Its a great book and I do hope that Dan Abnett and Mike Lee write up some more, because according to their author's introduction at the beginning another 10 Malus Darkblade novels is a big possibility, since the first five novels out now are only 1/3 of the comic series that Dan Abnett wrote.


----------



## bobss (May 18, 2008)

Lord of the Night said:


> Well the first Malus Darkblade Omnibus arrived today, much much earlier then expected I might add, and to put it simply. Its bloody awesome. Ive only read the brief prologue at the beginning though but it was excellent. Has anyone else here read the series, and if so what are your opinions?
> 
> Im already addicted to the book. Malus himself is a great character, I admire his trait of never giving up no matter the odds, most in his crappy family situation would have given up long ago, yet Malus persevered on. I also like Silar Thornblood, felt sorry for him when he told Malus about his family and what Malus' father did to the Thornbloods, and it makes me laugh when he gives Malus a reality check, or says something depressing by pointing out their situation. Lhunara is quite cool as well, and very sly and smart, and she doesn't take crap from anyone, especially Malus. When she punched him in the start I laughed so hard.
> 
> Its a great book and I do hope that Dan Abnett and Mike Lee write up some more, because according to their author's introduction at the beginning another 10 Malus Darkblade novels is a big possibility, since the first five novels out now are only 1/3 of the comic series that Dan Abnett wrote.

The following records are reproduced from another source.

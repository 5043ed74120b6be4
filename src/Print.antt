-- ===== src/Print.antt =====
-- The printing of kernel/lib/printf.c: what is handed to `consputc`, in order, by one call that has the
-- console. A format or a string is the bytes before its 0, a number the 64 bits of its register. Where
-- a conversion finds no argument of its kind, which C leaves open, the result is `none`.
pub mod Digits
pub mod Formats
pub mod Tests
use ustc_26spring.Common.{
  ℕ, zero, suc, ◌+◌, ◌-◌, ◌*◌, ◌/◌, ◌%◌, ◌^◌, Bool, true, false, not, ◌&&◌, ◌||◌, ltb, ◌==◌,
  if◌then◌else◌, Option, none, some, List, [], ◌∷◌, ◌++◌, get_or, replicate,
}

abbrev pub lower_digits : List ℕ
lower_digits = 48 ∷ 49 ∷ 50 ∷ 51 ∷ 52 ∷ 53 ∷ 54 ∷ 55 ∷ 56 ∷ 57 ∷ 97 ∷ 98 ∷ 99 ∷ 100 ∷ 101 ∷ 102 ∷ []

abbrev pub upper_digits : List ℕ
upper_digits = 48 ∷ 49 ∷ 50 ∷ 51 ∷ 52 ∷ 53 ∷ 54 ∷ 55 ∷ 56 ∷ 57 ∷ 65 ∷ 66 ∷ 67 ∷ 68 ∷ 69 ∷ 70 ∷ []

-- The loop of `printuint` with the digits of `buf`, the last stored one first, as they are printed.
unfoldable pub put_digits : ℕ → ℕ → ℕ → List ℕ → List ℕ → List ℕ
put_digits zero x base digits buf = buf
put_digits (suc fuel) x base digits buf = elim (x / base == 0) [
  | true ↦ get_or digits (x % base) 0 ∷ buf
  | false ↦ put_digits fuel (x / base) base digits (get_or digits (x % base) 0 ∷ buf)
]

unfoldable pub printuint : ℕ → ℕ → List ℕ → List ℕ
unfolding put_digits
printuint x base digits = put_digits 64 x base digits []

-- A negative number is its 64 bits.
unfoldable pub printint64 : ℕ → ℕ → List ℕ
unfolding printuint
printint64 xx base =
    if ltb xx (2 ^ 63)
    then printuint xx base lower_digits
    else 45 ∷ printuint ((2 ^ 64 - xx) % 2 ^ 64) base lower_digits

-- "(null)"
unfoldable pub printstr : Option (List ℕ) → List ℕ
printstr none = 40 ∷ 110 ∷ 117 ∷ 108 ∷ 108 ∷ 41 ∷ []
printstr (some s) = s

-- The loop of `printptr` with n digits left.
unfoldable pub put_nibbles : ℕ → ℕ → List ℕ
put_nibbles zero x = []
put_nibbles (suc n) x = get_or lower_digits (x / 2 ^ 60) 0 ∷ put_nibbles n (x * 16 % 2 ^ 64)

unfoldable pub printptr : ℕ → List ℕ
unfolding put_nibbles
printptr x = 48 ∷ 120 ∷ put_nibbles 16 x

unfoldable pub printunknown : ℕ → ℕ → List ℕ
printunknown length c = 37 ∷ replicate length 108 ++ (if not (c == 0) then c ∷ [] else [])

-- An unsigned or signed argument by the number of letters l.
abbrev pub getuintarg : ℕ → ℕ → ℕ
getuintarg length w = if length == 0 then w % 2 ^ 32 else w

abbrev pub getintarg : ℕ → ℕ → ℕ
getintarg length w =
    if not (length == 0)
    then w
    else if ltb (w % 2 ^ 32) (2 ^ 31)
    then w % 2 ^ 32
    else w % 2 ^ 32 + (2 ^ 64 - 2 ^ 32)

-- An argument: a number, or a pointer to a string or 0.
pub data Arg : Type 0 where
  word : ℕ → Arg
  text : Option (List ℕ) → Arg

abbrev pub Printed : Type 0
Printed = Option (List ℕ × List Arg)

abbrev pub with_word : (ℕ → List ℕ) → List Arg → Printed
with_word f [] = none
with_word f (word w ∷ args) = some (f w, args)
with_word f (text s ∷ args) = none

abbrev pub with_text : (Option (List ℕ) → List ℕ) → List Arg → Printed
with_text f [] = none
with_text f (word w ∷ args) = none
with_text f (text s ∷ args) = some (f s, args)

-- The switch of `printf` on the letter c, after `length` letters l.
unfoldable pub convert : ℕ → ℕ → List Arg → Printed
unfolding printint64 printuint printptr printstr printunknown
convert length c args =
    if (c == 100) || (c == 105)
    then with_word (λ w. printint64 (getintarg length w) 10) args
    else if c == 117
    then with_word (λ w. printuint (getuintarg length w) 10 lower_digits) args
    else if c == 120
    then with_word (λ w. printuint (getuintarg length w) 16 lower_digits) args
    else if c == 88
    then with_word (λ w. printuint (getuintarg length w) 16 upper_digits) args
    else if c == 111
    then with_word (λ w. printuint (getuintarg length w) 8 lower_digits) args
    else if c == 112
    then with_word printptr args
    else if c == 115
    then with_text printstr args
    else if c == 99
    then with_word (λ w. w % 2 ^ 32 ∷ []) args
    else if c == 37
    then some (37 ∷ [], args)
    else some (printunknown length c, args)

abbrev pub then_print : List ℕ → Option (List ℕ) → Option (List ℕ)
then_print out none = none
then_print out (some rest) = some (out ++ rest)

-- The loop of `printf`: `none` between conversions, `some length` after a % and `length` letters l.
unfoldable pub printf_from : Option ℕ → List ℕ → List Arg → Option (List ℕ)
unfolding convert
printf_from at [] args = some []
printf_from none (c ∷ fmt) args = elim (c == 37) [
  | true ↦ printf_from (some 0) fmt args
  | false ↦ then_print (c ∷ []) (printf_from none fmt args)
]
printf_from (some length) (c ∷ fmt) args = elim ((c == 108) && ltb length 2) [
  | true ↦ printf_from (some (length + 1)) fmt args
  | false ↦ elim (convert length c args) [
    | none ↦ none
    | some (out, rest) ↦ then_print out (printf_from none fmt rest)
  ]
]

abbrev pub printf : List ℕ → List Arg → Option (List ℕ)
printf fmt args = printf_from none fmt args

I couldn`t stand _Blood Price_ if I remember correctly. But yes, the series is still very informing upon the reaches of Druchii culture, as well as having some dark comical elements to it, and generally being an enjoyable series, with outstanding characters and perfect plot development, with a whole host of twists, betrayels and the like:so_happy:

The second chapter of _The Daemons Curse _is my favorite - the last sentence is a perfect reflection of the attitude of Malus, as well as bearing a rather comical ending to a certain devious and irritating character. Silar and Lhunnara add other character elements to balance out Malus` overt arrogance, though without spoilers, they never *get it on*... (Imagine the fan-art!)...

Enjoy the series, I know I did :grin:


----------



## Serrated Man (Mar 3, 2010)

bobss said:


> I couldn`t stand _Blood Price_ if I remember correctly.

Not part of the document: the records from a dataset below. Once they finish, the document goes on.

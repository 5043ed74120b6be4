-- ===== src/Print/Digits.antt =====
-- Numerals as numbers, beside `printuint` of kernel/lib/printf.c.
use ustc_26spring.Common.{
  ℕ, zero, suc, ◌+◌, ◌-◌, ◌*◌, ◌/◌, ◌%◌, ◌^◌, ◌≤◌, ◌<◌, ◌≡◌, refl, sym, ap, ◌∙◌, inl, inr, true,
  ltb, ◌==◌, if◌then◌else◌, List, [], ◌∷◌, length, get_or, arith, Bool-cases,
}
use native.Mathlib.Nat.{mod-lt, mul-le-mul_left, pow-suc, div-add-mod'}
use ustc_26spring.Print.{lower_digits, upper_digits, put_digits, printuint}

-- The value of a digit in ASCII, for bases up to 16.
abbrev pub digit_value : ℕ → ℕ
digit_value c = if ltb c 58 then c - 48 else if ltb c 97 then c - 55 else c - 87

-- The value of a numeral, its first digit being the highest, that follows the value acc.
abbrev pub numeral_value : ℕ → ℕ → List ℕ → ℕ
numeral_value base acc [] = acc
numeral_value base acc (c ∷ cs) = numeral_value base (acc * base + digit_value c) cs

abbrev AreDigits : List ℕ → Type 0
AreDigits digits = (d : ℕ) → d < 16 → digit_value (get_or digits d 0) ≡ d

lower-AreDigits : AreDigits lower_digits
lower-AreDigits d h = ground arith

upper-AreDigits : AreDigits upper_digits
upper-AreDigits d h = ground arith

module _ (base : ℕ) (lo : 2 ≤ base) (hi : base ≤ 16) (digits : List ℕ)
    (good : AreDigits digits) where
  pos : 0 < base
  pos = omega arith

  joined : (x : ℕ) → x / base * base + digit_value (get_or digits (x % base) 0) ≡ x
  joined x =
      ap (λ v. x / base * base + v) (good (x % base) (let m = mod-lt x pos in omega arith))
      ∙ div-add-mod' x base

  shrinks : (fuel x : ℕ) → x < 2 ^ suc fuel → x / base < 2 ^ fuel
  shrinks fuel x h =
      let twice : x / base * 2 ≤ x / base * base = mul-le-mul_left (x / base) lo in
      omega (arith, twice, div-add-mod' x base, pow-suc 2 fuel, h)

  put_digits_value :
      (fuel x : ℕ) (buf : List ℕ)
      → x < 2 ^ fuel
      → numeral_value base 0 (put_digits fuel x base digits buf) ≡ numeral_value base x buf
  unfolding put_digits
  put_digits_value zero x buf h = let q : x ≡ 0 = omega arith in rw q refl
  put_digits_value (suc fuel) x buf h = elim (Bool-cases (x / base == 0)) [
    | inl last ↦
        rw (last, put_digits)
          (ap (λ v. numeral_value base v buf)
            (let q : x / base ≡ 0 = ground arith in
              ap (λ v. v * base + digit_value (get_or digits (x % base) 0)) (sym q) ∙ joined x))
    | inr more ↦
        rw (more, put_digits)
          (put_digits_value fuel (x / base) (get_or digits (x % base) 0 ∷ buf) (shrinks fuel x h)
            ∙ ap (λ v. numeral_value base v buf) (joined x))
  ]

module _ (base : ℕ) (lo : 8 ≤ base) (digits : List ℕ) where
  shrinks_by_eight : (m x : ℕ) → x < 8 ^ suc m → x / base < 8 ^ m
  shrinks_by_eight m x h =
      let eight : x / base * 8 ≤ x / base * base = mul-le-mul_left (x / base) lo in
      omega (arith, eight, div-add-mod' x base, pow-suc 8 m, h)

  put_digits-length :
      (fuel m x : ℕ) (buf : List ℕ)
      → x < 8 ^ suc m
      → length (put_digits fuel x base digits buf) ≤ length buf + suc m
  unfolding put_digits
  put_digits-length zero m x buf h = omega arith
  put_digits-length (suc fuel) zero x buf h =
      let last : (x / base == 0) ≡ true = (let q = shrinks_by_eight 0 x h in ground arith) in
      rw (last, put_digits) (omega arith)
  put_digits-length (suc fuel) (suc m) x buf h = elim (Bool-cases (x / base == 0)) [
    | inl last ↦ rw (last, put_digits) (omega arith)
    | inr more ↦
        rw (more, put_digits)
          (omega (
            arith,
            put_digits-length fuel m (x / base) (get_or digits (x % base) 0 ∷ buf)
                (shrinks_by_eight (suc m) x h),
          ))
  ]

-- `printuint` of a 64-bit number in a base from 8 to 16 ends and prints a numeral of that number, with
-- the digits in lower as in upper case, and stores at most 22 digits, which its buffer of 32 holds.
pub printuint-numeral :
    (x base : ℕ)
    → x < 2 ^ 64
    → 8 ≤ base
    → base ≤ 16
    → (numeral_value base 0 (printuint x base lower_digits) ≡ x)
      × (numeral_value base 0 (printuint x base upper_digits) ≡ x)
      × (length (printuint x base lower_digits) ≤ 22)
      × (length (printuint x base upper_digits) ≤ 22)
unfolding printuint
printuint-numeral x base h lo hi = (
  put_digits_value base (omega arith) hi lower_digits lower-AreDigits 64 x [] h,
  put_digits_value base (omega arith) hi upper_digits upper-AreDigits 64 x [] h,
  put_digits-length base lo lower_digits 64 21 x [] (omega arith),
  put_digits-length base lo upper_digits 64 21 x [] (omega arith),
)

 I agree it was the weakest part of the series. although the very beginning was fitting.



bobss said:


> The second chapter of _The Daemons Curse _is my favorite - the last sentence is a perfect reflection of the attitude of Malus, as well as bearing a rather comical ending to a certain devious and irritating character.


My exact thoughts!


----------



## bobss (May 18, 2008)

Serrated Man said:


> I agree it was the weakest part of the series. although the very beginning was fitting.
> 
> 
> My exact thoughts!


Yes, I agree too, I just found 

Malus` shooting the young, and highly ranking Druchii inside Clarond Kar in the face with his crossbow 
 to be most... amusing... it really brightened up that morbid scene, in which so much blood had been shed...


----------



## World Eater XII (Dec 12, 2008)

malus dark blade is my favourite series..period! i just love the daemon and malus's interaction!


----------